(Beginning of EXERCISE MATERIALS)

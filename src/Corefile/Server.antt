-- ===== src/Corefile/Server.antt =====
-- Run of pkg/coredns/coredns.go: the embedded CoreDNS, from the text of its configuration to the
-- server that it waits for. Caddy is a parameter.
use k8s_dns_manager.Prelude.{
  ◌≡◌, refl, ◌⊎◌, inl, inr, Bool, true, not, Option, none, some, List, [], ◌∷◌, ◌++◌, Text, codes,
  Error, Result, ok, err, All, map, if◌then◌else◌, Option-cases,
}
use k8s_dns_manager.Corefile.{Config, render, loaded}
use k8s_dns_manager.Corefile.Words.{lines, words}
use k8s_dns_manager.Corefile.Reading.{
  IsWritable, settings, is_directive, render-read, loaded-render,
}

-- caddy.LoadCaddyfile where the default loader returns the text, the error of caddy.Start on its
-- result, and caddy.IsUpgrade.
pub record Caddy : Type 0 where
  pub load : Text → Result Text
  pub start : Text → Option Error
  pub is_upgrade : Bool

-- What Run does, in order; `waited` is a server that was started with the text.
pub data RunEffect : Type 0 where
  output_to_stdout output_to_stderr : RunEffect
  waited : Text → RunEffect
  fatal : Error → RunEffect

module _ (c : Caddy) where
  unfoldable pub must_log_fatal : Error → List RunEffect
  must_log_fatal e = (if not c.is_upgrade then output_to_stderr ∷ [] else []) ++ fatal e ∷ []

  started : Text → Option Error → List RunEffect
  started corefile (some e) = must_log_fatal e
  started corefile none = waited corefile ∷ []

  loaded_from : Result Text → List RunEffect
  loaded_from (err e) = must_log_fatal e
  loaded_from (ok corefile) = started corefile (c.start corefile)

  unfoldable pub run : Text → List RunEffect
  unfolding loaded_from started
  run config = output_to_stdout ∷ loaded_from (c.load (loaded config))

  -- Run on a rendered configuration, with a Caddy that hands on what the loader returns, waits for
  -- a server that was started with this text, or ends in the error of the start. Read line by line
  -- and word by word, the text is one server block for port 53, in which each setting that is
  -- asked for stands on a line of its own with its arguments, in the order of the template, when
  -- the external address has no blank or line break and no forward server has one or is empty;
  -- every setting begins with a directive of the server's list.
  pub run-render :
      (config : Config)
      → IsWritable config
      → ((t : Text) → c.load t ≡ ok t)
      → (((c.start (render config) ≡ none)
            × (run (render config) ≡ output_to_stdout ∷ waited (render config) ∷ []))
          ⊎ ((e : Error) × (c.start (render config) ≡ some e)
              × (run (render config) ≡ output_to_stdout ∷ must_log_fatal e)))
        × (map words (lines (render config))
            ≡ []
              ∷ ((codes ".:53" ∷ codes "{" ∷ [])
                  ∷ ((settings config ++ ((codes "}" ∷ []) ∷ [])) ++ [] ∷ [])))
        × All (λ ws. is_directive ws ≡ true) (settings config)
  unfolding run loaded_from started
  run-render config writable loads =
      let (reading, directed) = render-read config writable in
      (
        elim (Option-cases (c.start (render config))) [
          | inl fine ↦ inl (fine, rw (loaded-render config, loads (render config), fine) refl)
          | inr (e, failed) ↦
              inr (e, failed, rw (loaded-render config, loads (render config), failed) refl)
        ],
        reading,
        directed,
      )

(End of EXERCISE MATERIALS)
(Beginning of EXERCISE MATERIALS)

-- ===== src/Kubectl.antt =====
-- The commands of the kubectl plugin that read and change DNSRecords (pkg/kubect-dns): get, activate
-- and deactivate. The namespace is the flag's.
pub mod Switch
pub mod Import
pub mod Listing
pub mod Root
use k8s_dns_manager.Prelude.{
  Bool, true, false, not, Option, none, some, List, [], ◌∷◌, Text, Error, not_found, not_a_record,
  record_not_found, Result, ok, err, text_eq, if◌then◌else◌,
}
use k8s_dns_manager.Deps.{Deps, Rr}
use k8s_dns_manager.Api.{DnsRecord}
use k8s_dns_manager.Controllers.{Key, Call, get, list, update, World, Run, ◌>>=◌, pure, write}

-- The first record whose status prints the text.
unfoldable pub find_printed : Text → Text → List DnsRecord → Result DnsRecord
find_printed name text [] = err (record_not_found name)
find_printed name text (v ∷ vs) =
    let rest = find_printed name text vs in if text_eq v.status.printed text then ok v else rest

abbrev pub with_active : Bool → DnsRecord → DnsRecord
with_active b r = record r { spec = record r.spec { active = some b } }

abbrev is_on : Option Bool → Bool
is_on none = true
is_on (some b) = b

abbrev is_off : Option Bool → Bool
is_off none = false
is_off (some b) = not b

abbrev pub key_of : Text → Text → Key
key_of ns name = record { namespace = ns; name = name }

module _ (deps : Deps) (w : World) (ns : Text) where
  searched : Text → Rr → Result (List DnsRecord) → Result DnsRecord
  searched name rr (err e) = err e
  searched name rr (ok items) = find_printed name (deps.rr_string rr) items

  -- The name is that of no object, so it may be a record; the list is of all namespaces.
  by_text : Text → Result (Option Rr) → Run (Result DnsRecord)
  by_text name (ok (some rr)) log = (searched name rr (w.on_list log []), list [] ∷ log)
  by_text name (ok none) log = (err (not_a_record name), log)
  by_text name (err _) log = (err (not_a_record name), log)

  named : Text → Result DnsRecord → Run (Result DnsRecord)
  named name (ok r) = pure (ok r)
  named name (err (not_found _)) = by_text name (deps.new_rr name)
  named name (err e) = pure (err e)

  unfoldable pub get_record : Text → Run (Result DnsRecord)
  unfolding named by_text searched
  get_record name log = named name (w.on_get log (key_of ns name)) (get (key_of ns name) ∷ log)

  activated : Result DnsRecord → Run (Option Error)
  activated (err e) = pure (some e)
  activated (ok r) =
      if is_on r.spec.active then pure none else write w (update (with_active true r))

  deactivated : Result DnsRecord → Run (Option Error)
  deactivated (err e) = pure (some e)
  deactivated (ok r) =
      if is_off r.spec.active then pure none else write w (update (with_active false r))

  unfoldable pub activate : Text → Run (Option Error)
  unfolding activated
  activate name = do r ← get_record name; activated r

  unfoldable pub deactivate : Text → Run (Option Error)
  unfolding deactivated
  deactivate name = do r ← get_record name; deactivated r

(End of EXERCISE MATERIALS)
(Beginning of EXERCISE MATERIALS)

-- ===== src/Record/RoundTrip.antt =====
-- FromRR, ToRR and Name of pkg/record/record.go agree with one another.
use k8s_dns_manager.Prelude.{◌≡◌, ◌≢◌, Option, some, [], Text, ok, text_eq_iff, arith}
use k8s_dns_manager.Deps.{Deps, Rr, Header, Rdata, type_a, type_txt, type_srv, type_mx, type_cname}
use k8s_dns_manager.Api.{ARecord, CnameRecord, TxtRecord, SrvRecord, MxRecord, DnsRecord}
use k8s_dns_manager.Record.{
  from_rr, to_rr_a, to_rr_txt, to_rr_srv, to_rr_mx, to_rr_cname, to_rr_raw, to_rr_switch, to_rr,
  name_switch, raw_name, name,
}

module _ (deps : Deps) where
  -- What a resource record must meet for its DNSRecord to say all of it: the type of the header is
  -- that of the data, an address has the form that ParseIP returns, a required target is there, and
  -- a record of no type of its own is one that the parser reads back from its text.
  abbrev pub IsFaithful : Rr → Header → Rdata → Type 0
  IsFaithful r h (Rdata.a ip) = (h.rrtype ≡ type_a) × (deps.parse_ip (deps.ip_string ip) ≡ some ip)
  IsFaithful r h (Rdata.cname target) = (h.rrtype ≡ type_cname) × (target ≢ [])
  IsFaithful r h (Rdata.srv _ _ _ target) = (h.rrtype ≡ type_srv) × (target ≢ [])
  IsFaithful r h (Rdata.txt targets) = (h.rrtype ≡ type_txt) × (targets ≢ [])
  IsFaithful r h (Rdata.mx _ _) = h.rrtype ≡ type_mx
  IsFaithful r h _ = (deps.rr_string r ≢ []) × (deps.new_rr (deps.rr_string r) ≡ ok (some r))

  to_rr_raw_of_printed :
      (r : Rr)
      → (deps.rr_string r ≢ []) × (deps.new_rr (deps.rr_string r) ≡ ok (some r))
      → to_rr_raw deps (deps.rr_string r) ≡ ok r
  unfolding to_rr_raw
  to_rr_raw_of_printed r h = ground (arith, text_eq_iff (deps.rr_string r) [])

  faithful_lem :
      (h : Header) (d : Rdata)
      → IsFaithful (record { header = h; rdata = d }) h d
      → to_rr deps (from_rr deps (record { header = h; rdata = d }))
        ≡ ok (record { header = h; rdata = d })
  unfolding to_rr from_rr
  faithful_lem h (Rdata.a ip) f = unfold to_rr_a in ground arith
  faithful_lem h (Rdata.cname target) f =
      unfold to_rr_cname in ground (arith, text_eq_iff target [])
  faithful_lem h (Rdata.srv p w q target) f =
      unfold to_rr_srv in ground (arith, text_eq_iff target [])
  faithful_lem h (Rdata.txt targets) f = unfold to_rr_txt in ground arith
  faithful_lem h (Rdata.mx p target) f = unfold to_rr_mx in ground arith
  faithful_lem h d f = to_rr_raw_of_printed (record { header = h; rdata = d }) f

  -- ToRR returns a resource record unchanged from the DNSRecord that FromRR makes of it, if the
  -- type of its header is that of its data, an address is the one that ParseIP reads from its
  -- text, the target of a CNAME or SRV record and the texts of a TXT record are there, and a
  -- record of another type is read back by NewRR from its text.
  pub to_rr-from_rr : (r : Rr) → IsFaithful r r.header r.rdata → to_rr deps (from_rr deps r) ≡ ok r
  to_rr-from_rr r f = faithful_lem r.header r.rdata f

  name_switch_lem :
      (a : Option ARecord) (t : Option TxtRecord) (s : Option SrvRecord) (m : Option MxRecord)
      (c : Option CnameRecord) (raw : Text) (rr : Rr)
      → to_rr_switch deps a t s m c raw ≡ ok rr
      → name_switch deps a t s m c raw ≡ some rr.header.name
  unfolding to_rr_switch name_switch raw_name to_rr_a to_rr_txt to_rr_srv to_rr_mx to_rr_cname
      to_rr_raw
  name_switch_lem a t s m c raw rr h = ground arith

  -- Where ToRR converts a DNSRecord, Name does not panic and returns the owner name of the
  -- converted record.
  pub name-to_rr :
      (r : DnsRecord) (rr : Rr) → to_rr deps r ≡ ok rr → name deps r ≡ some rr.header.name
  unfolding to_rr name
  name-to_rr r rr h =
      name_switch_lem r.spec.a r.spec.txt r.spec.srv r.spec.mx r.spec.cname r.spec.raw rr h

(End of EXERCISE MATERIALS)

◆ **ASSIGNMENT**: Extract from the records above the lines from the one containing "loaded_from (ok corefile)" to the one containing "-- Run on a", both lines included, exactly as they appear and with nothing else.

◆ **RESPONSE**:
  loaded_from (ok corefile) = started corefile (c.start corefile)

  unfoldable pub run : Text → List RunEffect
  unfolding loaded_from started
  run config = output_to_stdout ∷ loaded_from (c.load (loaded config))

  -- Run on a rendered configuration, with a Caddy that hands on what the loader returns, waits for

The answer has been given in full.